• **AIM OF THE TASK**:
Please reproduce the listing in its entirety, exactly as shown.

• **DATA TO USE**:
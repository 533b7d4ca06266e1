-- ===== src/Warming/Service/Execution.antt =====
-- `ExecuteWarmTask` of warming/service.go and the turn of a worker in warming/worker_pool.go, without its pauses.
use distributed_caching_syst.Prelude.{
  ℕ, zero, suc, ◌+◌, ◌-◌, ◌/◌, ◌%◌, ◌^◌, true, false, Option, none, some, [], ◌∷◌, if◌then◌else◌,
  ◌==◌,
}
use distributed_caching_syst.Prelude.Int.{ℤ, pos, negsuc, pos_part, ◌-ℤ◌, ltb_ℤ}
use distributed_caching_syst.GoString.{Bytes, codes}
use distributed_caching_syst.Warming.Tasks.{WarmTask, is_zero}
use distributed_caching_syst.Warming.Service.{
  Config, Completion, Environment, Service, Error, rate_limited, no_fetcher, fetch_failed,
  high_latency, write_failed, stopped, add_int64,
}

-- `Duration.Milliseconds`, as a bit pattern.
abbrev pub milliseconds : ℤ → ℕ
milliseconds (pos n) = n / 1000000 % 2 ^ 64
milliseconds (negsuc n) = (2 ^ 64 - (n + 1) / 1000000 % 2 ^ 64) % 2 ^ 64

-- `time.Since(time.Now().Add(-s.config.OriginTimeout))`, from the two readings of the clock.
abbrev pub fetch_duration : ℤ → ℤ → Config → ℤ
fetch_duration now since config = since -ℤ (now -ℤ config.origin_timeout)

abbrev pub completed : WarmTask → Bytes → Completion
completed task status = record { key = task.key; status = status; strategy = task.strategy }

module _ {S : Type 0} (env : Environment S) where
  -- The write of the fetched value, with the task's time to live where the origin gives none.
  unfoldable pub write_cache : WarmTask → Bytes → ℤ → Service S → Service S × Option Error
  write_cache task value ttl s = elim s.cache_client [
    | false ↦ (s, none)
    | true ↦
        let (written, outside) =
          env.cache_set task.key value (if is_zero ttl then task.ttl else ttl) s.outside in
        if written
        then (
          record s {
            outside = outside;
            metrics = record (s.metrics) { cache_writes = add_int64 s.metrics.cache_writes 1 };
          },
          none,
        )
        else (record s { outside = outside }, some write_failed)
  ]

  -- What follows a fetch that succeeded.
  unfoldable pub after_fetch : (ℕ → ℤ) → WarmTask → Bytes → ℤ → Service S → Service S × Option Error
  after_fetch clock task value ttl s =
      let s' : Service S = record s {
        metrics = record (s.metrics) { origin_requests = add_int64 s.metrics.origin_requests 1 };
      } in
      if ltb_ℤ s.config.emergency_threshold (fetch_duration (clock 1) (clock 2) s.config)
      then (
        record s' {
          emergency_stop = true;
          metrics = record (s'.metrics) {
            emergency_stops = add_int64 s'.metrics.emergency_stops 1;
          };
        },
        some high_latency,
      )
      else write_cache task value ttl s'

  unfoldable pub execute_warm_task_internal :
      (ℕ → ℤ) → WarmTask → Service S → Service S × Option Error
  execute_warm_task_internal clock task s =
      let (allowed, outside) = env.wait s.outside in
      let waited : Service S = record s { outside = outside } in
      if allowed
      then (if s.origin_fetcher
          then (let (fetched, outside') = env.fetch task.key outside in
              let asked : Service S = record waited { outside = outside' } in
              elim fetched [
                | none ↦ (asked, some fetch_failed)
                | some (value, ttl) ↦ after_fetch clock task value ttl asked
              ])
          else (waited, some no_fetcher))
      else (
        record waited {
          metrics = record (waited.metrics) {
            rate_limit_hits = add_int64 waited.metrics.rate_limit_hits 1;
          };
        },
        some rate_limited,
      )

  -- The completion event of a success is published by a goroutine, which is run at once here.
  unfoldable pub execute_warm_task : (ℕ → ℤ) → WarmTask → Service S → Service S × Option Error
  execute_warm_task clock task s =
      let (s', failed) = execute_warm_task_internal clock task s in
      let timed : Service S = record s' {
        metrics = record (s'.metrics) {
          total_duration = add_int64 s'.metrics.total_duration (milliseconds (clock 3 -ℤ clock 0));
        };
      } in
      if s.emergency_stop then (s, some stopped) else elim failed [
        | some e ↦ (
          record timed {
            metrics = record (timed.metrics) {
              failure_total = add_int64 timed.metrics.failure_total 1;
            };
          },
          some e,
        )
        | none ↦ (
          record timed {
            metrics = record (timed.metrics) {
              success_total = add_int64 timed.metrics.success_total 1;
            };
            outside = env.publish (completed task (codes "success")) timed.outside;
          },
          none,
        )
      ]

  -- `retryTask` with `left` attempts left; `clocks i` is the clock of the i-th attempt. The last failure is published.
  unfoldable pub retry_loop : ℕ → ℕ → (ℕ → ℕ → ℤ) → WarmTask → Service S → Service S
  retry_loop zero i clocks task s = s
  retry_loop (suc left) i clocks task s =
      let (s', failed) = execute_warm_task (clocks i) task s in
      let again = retry_loop left (suc i) clocks task s' in
      elim failed [
        | none ↦ s'
        | some _ ↦
            if left == 0
            then record s' { outside = env.publish (completed task (codes "failure")) s'.outside }
            else again
      ]

  unfoldable pub retry_task : (ℕ → ℕ → ℤ) → WarmTask → Service S → Service S
  retry_task clocks task s = retry_loop (pos_part s.config.retry_attempts) 1 clocks task s

  -- A worker takes the first task of the queue, executes it and retries where it failed. The turn is one step here, so turns
  -- that overlap are not.
  unfoldable pub run_worker : (ℕ → ℕ → ℤ) → Service S → Service S
  run_worker clocks s = elim s.task_queue [
    | [] ↦ s
    | task ∷ queue ↦
        let (s', failed) = execute_warm_task (clocks 0) task (record s { task_queue = queue }) in
        elim failed [ none ↦ s' | some _ ↦ retry_task clocks task s' ]
  ]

• **ANSWER FOR THE TASK**:
repository 533b7d4ca06266e1
-- ===== src/Warming/Service/Execution.antt =====
-- `ExecuteWarmTask` of warming/service.go and the turn of a worker in warming/worker_pool.go, without its pauses.
use distributed_caching_syst.Prelude.{
  ℕ, zero, suc, ◌+◌, ◌-◌, ◌/◌, ◌%◌, ◌^◌, true, false, Option, none, some, [], ◌∷◌, if◌then◌else◌,
  ◌==◌,
}
use distributed_caching_syst.Prelude.Int.{ℤ, pos, negsuc, pos_part, ◌-ℤ◌, ltb_ℤ}
use distributed_caching_syst.GoString.{Bytes, codes}
use distributed_caching_syst.Warming.Tasks.{WarmTask, is_zero}
use distributed_caching_syst.Warming.Service.{
  Config, Completion, Environment, Service, Error, rate_limited, no_fetcher, fetch_failed,
  high_latency, write_failed, stopped, add_int64,
}

-- `Duration.Milliseconds`, as a bit pattern.
abbrev pub milliseconds : ℤ → ℕ
milliseconds (pos n) = n / 1000000 % 2 ^ 64
milliseconds (negsuc n) = (2 ^ 64 - (n + 1) / 1000000 % 2 ^ 64) % 2 ^ 64

-- `time.Since(time.Now().Add(-s.config.OriginTimeout))`, from the two readings of the clock.
abbrev pub fetch_duration : ℤ → ℤ → Config → ℤ
fetch_duration now since config = since -ℤ (now -ℤ config.origin_timeout)

abbrev pub completed : WarmTask → Bytes → Completion
completed task status = record { key = task.key; status = status; strategy = task.strategy }

module _ {S : Type 0} (env : Environment S) where
  -- The write of the fetched value, with the task's time to live where the origin gives none.
  unfoldable pub write_cache : WarmTask → Bytes → ℤ → Service S → Service S × Option Error
  write_cache task value ttl s = elim s.cache_client [
    | false ↦ (s, none)
    | true ↦
        let (written, outside) =
          env.cache_set task.key value (if is_zero ttl then task.ttl else ttl) s.outside in
        if written
        then (
          record s {
            outside = outside;
            metrics = record (s.metrics) { cache_writes = add_int64 s.metrics.cache_writes 1 };
          },
          none,
        )
        else (record s { outside = outside }, some write_failed)
  ]

  -- What follows a fetch that succeeded.
  unfoldable pub after_fetch : (ℕ → ℤ) → WarmTask → Bytes → ℤ → Service S → Service S × Option Error
  after_fetch clock task value ttl s =
      let s' : Service S = record s {
        metrics = record (s.metrics) { origin_requests = add_int64 s.metrics.origin_requests 1 };
      } in
      if ltb_ℤ s.config.emergency_threshold (fetch_duration (clock 1) (clock 2) s.config)
      then (
        record s' {
          emergency_stop = true;
          metrics = record (s'.metrics) {
            emergency_stops = add_int64 s'.metrics.emergency_stops 1;
          };
        },
        some high_latency,
      )
      else write_cache task value ttl s'

  unfoldable pub execute_warm_task_internal :
      (ℕ → ℤ) → WarmTask → Service S → Service S × Option Error
  execute_warm_task_internal clock task s =
      let (allowed, outside) = env.wait s.outside in
      let waited : Service S = record s { outside = outside } in
      if allowed
      then (if s.origin_fetcher
          then (let (fetched, outside') = env.fetch task.key outside in
              let asked : Service S = record waited { outside = outside' } in
              elim fetched [
                | none ↦ (asked, some fetch_failed)
                | some (value, ttl) ↦ after_fetch clock task value ttl asked
              ])
          else (waited, some no_fetcher))
      else (
        record waited {
          metrics = record (waited.metrics) {
            rate_limit_hits = add_int64 waited.metrics.rate_limit_hits 1;
          };
        },
        some rate_limited,
      )

  -- The completion event of a success is published by a goroutine, which is run at once here.
  unfoldable pub execute_warm_task : (ℕ → ℤ) → WarmTask → Service S → Service S × Option Error
  execute_warm_task clock task s =
      let (s', failed) = execute_warm_task_internal clock task s in
      let timed : Service S = record s' {
        metrics = record (s'.metrics) {
          total_duration = add_int64 s'.metrics.total_duration (milliseconds (clock 3 -ℤ clock 0));
        };
      } in
      if s.emergency_stop then (s, some stopped) else elim failed [
        | some e ↦ (
          record timed {
            metrics = record (timed.metrics) {
              failure_total = add_int64 timed.metrics.failure_total 1;
            };
          },
          some e,
        )
        | none ↦ (
          record timed {
            metrics = record (timed.metrics) {
              success_total = add_int64 timed.metrics.success_total 1;
            };
            outside = env.publish (completed task (codes "success")) timed.outside;
          },
          none,
        )
      ]

  -- `retryTask` with `left` attempts left; `clocks i` is the clock of the i-th attempt. The last failure is published.
  unfoldable pub retry_loop : ℕ → ℕ → (ℕ → ℕ → ℤ) → WarmTask → Service S → Service S
  retry_loop zero i clocks task s = s
  retry_loop (suc left) i clocks task s =
      let (s', failed) = execute_warm_task (clocks i) task s in
      let again = retry_loop left (suc i) clocks task s' in
      elim failed [
        | none ↦ s'
        | some _ ↦
            if left == 0
            then record s' { outside = env.publish (completed task (codes "failure")) s'.outside }
            else again
      ]

  unfoldable pub retry_task : (ℕ → ℕ → ℤ) → WarmTask → Service S → Service S
  retry_task clocks task s = retry_loop (pos_part s.config.retry_attempts) 1 clocks task s

  -- A worker takes the first task of the queue, executes it and retries where it failed. The turn is one step here, so turns
  -- that overlap are not.
  unfoldable pub run_worker : (ℕ → ℕ → ℤ) → Service S → Service S
  run_worker clocks s = elim s.task_queue [
    | [] ↦ s
    | task ∷ queue ↦
        let (s', failed) = execute_warm_task (clocks 0) task (record s { task_queue = queue }) in
        elim failed [ none ↦ s' | some _ ↦ retry_task clocks task s' ]
  ]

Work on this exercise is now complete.